The debate on expropriation allows the ANC a ‘get out of jail free’ card. It gives them the perfect cover to avoid having to explain their rank failure over two decades to take land reform seriously. That is why the ANC has adopted it with such enthusiasm.

Land  expropriation  without  compensation  is  therefore  bad  principle,  bad policy, and bad politics.

Our approach could not be more different. We want black emerging farmers to have full ownership title of their land, and we know that given the chance, they will flourish as farmers. These citizens should be respected as individuals with drive, agency and ambition in their own right, not as permanent dependants of the state.

We have championed the model of the share equity scheme, which allows farmworkers and beneficiaries to become equal partners in the farms where they live and work.

Where we govern, more than 60% of land reform projects actually work, compared with a 90% failure rate nationally (according to the national Minister of Land Reform).

We are not only focused on rural land reform.
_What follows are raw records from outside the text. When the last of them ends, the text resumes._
-- ===== src/Mutation/Records/Valid.antt =====
-- `validate_operation_record` of src/mutation.rs as a predicate, field by field.
use nowledge.Prelude.{
  ◌≤◌, ◌≡◌, ◌↔◌, true, false, not, arith, All, ok, >>-eq-ok, >>=-eq-ok, fail_if, fail_if-eq-ok, ltb,
  is_some, same_set,
}
use nowledge.Prelude.Table.{keys}
use nowledge.Json.{get_field}
use nowledge.Models.Operations.{
  OperationStatus, OperationIndexingState as IndexingState, OperationRecord,
}
use nowledge.Mutation.Checks.{for_each}
use nowledge.Mutation.Checks.Loops.{for_each_sound, for_each_complete}
use nowledge.Mutation.Plans.{operation_steps, validate_operation_plan}
use nowledge.Mutation.Records.{
  compacted_payloads_metadata_key, same_status, same_indexing_state, same_flag,
  derive_operation_state, step_ids, matches_plan, validate_progress, validate_compaction,
  validate_state, validate_operation_record,
}

pub record IsValidRecord (r : OperationRecord) : Type 0 where
  pub plan_valid : validate_operation_plan r.plan ≡ ok tt
  pub identity : matches_plan r ≡ true
  pub times : r.created_at ≤ r.updated_at
  pub covered : same_set (step_ids (operation_steps r.plan)) (keys r.progress.steps) ≡ true
  pub entries : All (λ e. validate_progress r.created_at r.updated_at e ≡ ok tt) r.progress.steps
  pub derived : derive_operation_state r ≡ ok (r.status, r.indexing_state)
  pub completion : same_status r.status OperationStatus.completed ≡ is_some r.completed_at
  pub compaction :
      validate_compaction r (get_field compacted_payloads_metadata_key r.plan.redacted_metadata)
      ≡ ok tt

same_status_eq : (s t : OperationStatus) → same_status s t ≡ true → s ≡ t
unfolding same_status
same_status_eq s t h = ground arith

same_indexing_state_eq : (s t : IndexingState) → same_indexing_state s t ≡ true → s ≡ t
unfolding same_indexing_state
same_indexing_state_eq s t h = ground arith

pub same_status_refl : (s : OperationStatus) → same_status s s ≡ true
unfolding same_status
same_status_refl s = ground arith

pub same_indexing_state_refl : (s : IndexingState) → same_indexing_state s s ≡ true
unfolding same_indexing_state
same_indexing_state_refl s = ground arith

validate_state_sound :
    (r : OperationRecord)
    → validate_state r ≡ ok tt
    → (derive_operation_state r ≡ ok (r.status, r.indexing_state))
      × (same_status r.status OperationStatus.completed ≡ is_some r.completed_at)
unfolding validate_state same_flag
validate_state_sound r h =
    let step = >>=-eq-ok (derive_operation_state r) _ h in
    ground (
      arith,
      step.1,
      step.2,
      same_status_eq r.status step.0.0,
      same_indexing_state_eq r.indexing_state step.0.1,
    )

validate_state_complete :
    (r : OperationRecord)
    → derive_operation_state r ≡ ok (r.status, r.indexing_state)
    → same_status r.status OperationStatus.completed ≡ is_some r.completed_at
    → validate_state r ≡ ok tt
unfolding validate_state same_flag
validate_state_complete r d c =
    rw (d, same_status_refl r.status, same_indexing_state_refl r.indexing_state) (ground arith)

not_before :
    (r : OperationRecord) → r.created_at ≤ r.updated_at → ltb r.updated_at r.created_at ≡ false
not_before r h = ground arith

-- The check of a record passes exactly on valid records.
pub validate_operation_record_iff :
    (r : OperationRecord) → (validate_operation_record r ≡ ok tt) ↔ IsValidRecord r
unfolding validate_operation_record
validate_operation_record_iff r = (
  λ h.
      let p = >>-eq-ok (validate_operation_plan r.plan) _ h in
      let i = >>-eq-ok (fail_if (not (matches_plan r)) _) _ p.1 in
      let t = >>-eq-ok (fail_if (ltb r.updated_at r.created_at) _) _ i.1 in
      let c = >>-eq-ok (fail_if (not (same_set _ _)) _) _ t.1 in
      let e = >>-eq-ok (for_each _ r.progress.steps) _ c.1 in
      let s = >>-eq-ok (validate_state r) _ e.1 in
      record {
        plan_valid = p.0;
        identity = ground (arith, fail_if-eq-ok _ _ i.0);
        times = ground (arith, fail_if-eq-ok _ _ t.0);
        covered = ground (arith, fail_if-eq-ok _ _ c.0);
        entries = for_each_sound _ r.progress.steps e.0;
        derived = (validate_state_sound r s.0).0;
        completion = (validate_state_sound r s.0).1;
        compaction = s.1;
      },
  λ v.
      rw
        (
          v.plan_valid,
          v.identity,
          not_before r v.times,
          v.covered,
          for_each_complete _ r.progress.steps v.entries,
          validate_state_complete r v.derived v.completion,
        )
        v.compaction,
)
We are the only party in South Africa that has focused on reforming ownership of urban land by making sure that beneficiaries of state subsidised housing have full ownership title to those homes. We have made 75 000 home owners already, and are distributing more title deeds every day we are in government.

The implications of tampering with Section 25 go beyond agricultural land. Downgrading property rights also means downgrading the title deeds given to these thousands of black South Africans. Many of these first generation property owners had to wait two decades for lawful title to their homes. These properties give people access to bank loans, and assets to  pass along to their children. Tampering with the  ideal of private ownership is not only a threat to famers, it is a threat to South Africans who have just started to overcome the legacy of apartheid.

Colleagues,

The DA will stand for the principle of property rights, because we know it is right. If the EFF makes good on their threats to remove us from government in Nelson Mandela Bay Metro, then they will also be returning the corrupt ANC to government. Perhaps that is what they intend. Perhaps they even intend to return to the ANC permanently. Whatever they do, they will have to explain it to the public.

As for us, we will defend this principle. It is better to stand firm on this, even if it costs us, than to give in to the radical racial nationalism of the EFF.

Conclusion

All of history shows that the DA is right on this question. All of the facts about land reform in South Africa show that we are right. We can and must go out with confidence and make this argument, and win it.

We are the party that stands for the Constitution and that stands for bringing South Africans together. We know that our country can only work when we are together.

This is not a contestation of one race versus another. Our solidarity is not around race but around our values.

Racial divisiveness and economic chaos may satisfy a vocal minority, but the vast majority of South Africans want our country to work. They want our country to succeed. They know that we are better together. It is them that we must reach out to at this time and show that we are with them.

Redressing the painful legacy of the past does not require that we unstitch the Constitution and stoke the flames of hatred and division. The DA does not trade in the currency of quick fixes and soundbite solution. Those are the currency of populists and demagogues. That is why we reject expropriation without compensation.

Successfully redressing the legacy of land dispossession will require hard work, real commitment to  root out corruption, commitment to  provide  the funds necessary and political will to implement.

Only the DA can provide that leadership.

Let us go out now and win this argument. The first opportunity to do so is in the upcoming registration weekend. We must make sure we get this message out ahead of the registration weekend, and I ask your support in ensuring we do so.